The antiquity of human T. cruzi infection in South America has been demonstrated on the basis of paleonthologic studies. Clinical manifestations of Chagas disease were observed in Chilean mummies from pre-Columbian times (7). Moreover, a T. cruzi kinetoplast DNA region was recovered in Chilean and Peruvian mummies from up to 9,000 years ago (8,9).

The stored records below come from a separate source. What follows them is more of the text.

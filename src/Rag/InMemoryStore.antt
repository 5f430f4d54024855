-- ===== src/Rag/InMemoryStore.antt =====
-- src/rag/vectorstores/in_memory_vector_store.cpp, and
-- src/prompts/semantic_similarity_example_selector.cpp, which ranks in the same way.
pub mod Nearest
use langchain_cpp.Base.{ℕ, List, [], ◌∷◌, ◌++◌, map, Option, none, some}
use langchain_cpp.Base.Text.{Text}
use langchain_cpp.Base.Dict.{Dict, lookup}
use langchain_cpp.Base.Outcome.{Outcome, ok, throws}
use langchain_cpp.Base.Exec.{Exec}
use langchain_cpp.Rag.Document.{Document}
use langchain_cpp.Rag.Embeddings.{Embeddings}
use langchain_cpp.Rag.Similarity.{Floats, Sort, nearest}
use langchain_cpp.Rag.VectorStore.{VectorStore}

-- The store, with the world `W` of the embeddings.
pub record InMemoryState (V X W : Type 0) : Type 0 where
  pub documents : List (Document V)
  pub vectors : List (List X)
  pub rest : W

module _ {V X W : Type 0} where
  abbrev pub add_embedded :
      List (Document V)
      → InMemoryState V X W
      → Outcome (List (List X)) × W
      → Outcome (Unit {0}) × InMemoryState V X W
  add_embedded documents s (throws e, w) = (throws e, record s { rest = w })
  add_embedded documents s (ok embedded, w) = (
    ok tt,
    record { documents = s.documents ++ documents; vectors = s.vectors ++ embedded; rest = w },
  )

module _ (F : Floats) (sort : Sort) {V W : Type 0} (embeddings : Embeddings F.Float W) where
  open F use {Float}

  -- InMemoryVectorStore::add_documents
  unfoldable pub add_documents : List (Document V) → Exec (InMemoryState V Float W) (Unit {0})
  add_documents documents s =
      add_embedded documents s (embeddings.embed_documents (map (λ d. d.content) documents) s.rest)

  abbrev pub search_with :
      ℕ
      → InMemoryState V Float W
      → Outcome (List Float) × W
      → Outcome (List (Document V)) × InMemoryState V Float W
  search_with k s (throws e, w) = (throws e, record s { rest = w })
  search_with k s (ok query_vector, w) =
      (ok (nearest F sort query_vector s.vectors k s.documents), record s { rest = w })

  -- InMemoryVectorStore::similarity_search
  unfoldable pub similarity_search : Text → ℕ → Exec (InMemoryState V Float W) (List (Document V))
  similarity_search query k s = search_with k s (embeddings.embed_query query s.rest)

  abbrev pub in_memory_store : VectorStore V (InMemoryState V Float W)
  in_memory_store = record { add_documents = add_documents; similarity_search = similarity_search }

abbrev pub or_empty : Option Text → Text
or_empty none = []
or_empty (some t) = t

abbrev pub field_or_empty : Dict Text → Text → Text
field_or_empty values key = or_empty (lookup key values)

-- A SemanticSimilarityExampleSelector.
pub record Selector (X : Type 0) : Type 0 where
  pub examples : List (Dict Text)
  pub example_vectors : List (List X)
  pub input_key : Text
  pub k : ℕ

abbrev with_vectors :
    {X W : Type 0}
    → List (Dict Text)
    → Text
    → ℕ
    → Outcome (List (List X)) × W
    → Outcome (Selector X) × W
with_vectors examples input_key k (throws e, w) = (throws e, w)
with_vectors examples input_key k (ok vectors, w) = (
  ok (record { examples = examples; example_vectors = vectors; input_key = input_key; k = k }),
  w,
)

module _ (F : Floats) (sort : Sort) {W : Type 0} (embeddings : Embeddings F.Float W) where
  open F use {Float}

  -- The constructor.
  unfoldable pub selector : List (Dict Text) → Text → ℕ → Exec W (Selector Float)
  selector examples input_key k w =
      with_vectors examples input_key k
        (embeddings.embed_documents (map (λ example. field_or_empty example input_key) examples) w)

  abbrev pub select_with :
      Selector Float → Outcome (List Float) × W → Outcome (List (Dict Text)) × W
  select_with s (throws e, w) = (throws e, w)
  select_with s (ok query_vector, w) =
      (ok (nearest F sort query_vector s.example_vectors s.k s.examples), w)

  -- SemanticSimilarityExampleSelector::select_examples
  unfoldable pub select_examples : Selector Float → Dict Text → Exec W (List (Dict Text))
  select_examples s input w =
      select_with s (embeddings.embed_query (field_or_empty input s.input_key) w)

In Brazil, the current epidemiologic scenario concerning Chagas disease in indigenous populations involves ecologic aspects of their settlements, along with nomad habits, which prevent triatomine nesting and, therefore, the infection. The beginning of T. cruzi transmission to humans is attributed to the domiciliation of T. infestans as a consequence of precarious mud dwellings, built after European colonization (10). In this report, we showed that T. cruzi human infection in Brazil is ancient, dating back at least 4,500 years, and therefore occurring in hunter-gatherer populations largely preceding T. infestans domiciliation. The presence of the T. cruzi I genotype infecting humans 4,500–7,000 years ago in Minas Gerais State, where this genotype is currently absent (6), suggests that the distribution pattern of T. cruzi genotypes in humans has changed in time and place. Moreover, the recovery of an aDNA sequence and the possibility of genotyping parasites from human remains make it possible to reconstruct the early dispersion patterns of T. cruzi subpopulations. On the basis of our results, one may speculate that the current outbreaks of human T. cruzi infection, independent of triatomine domiciliation, are the reemergence of the ancient epidemiologic scenario of Chagas disease in Brazil.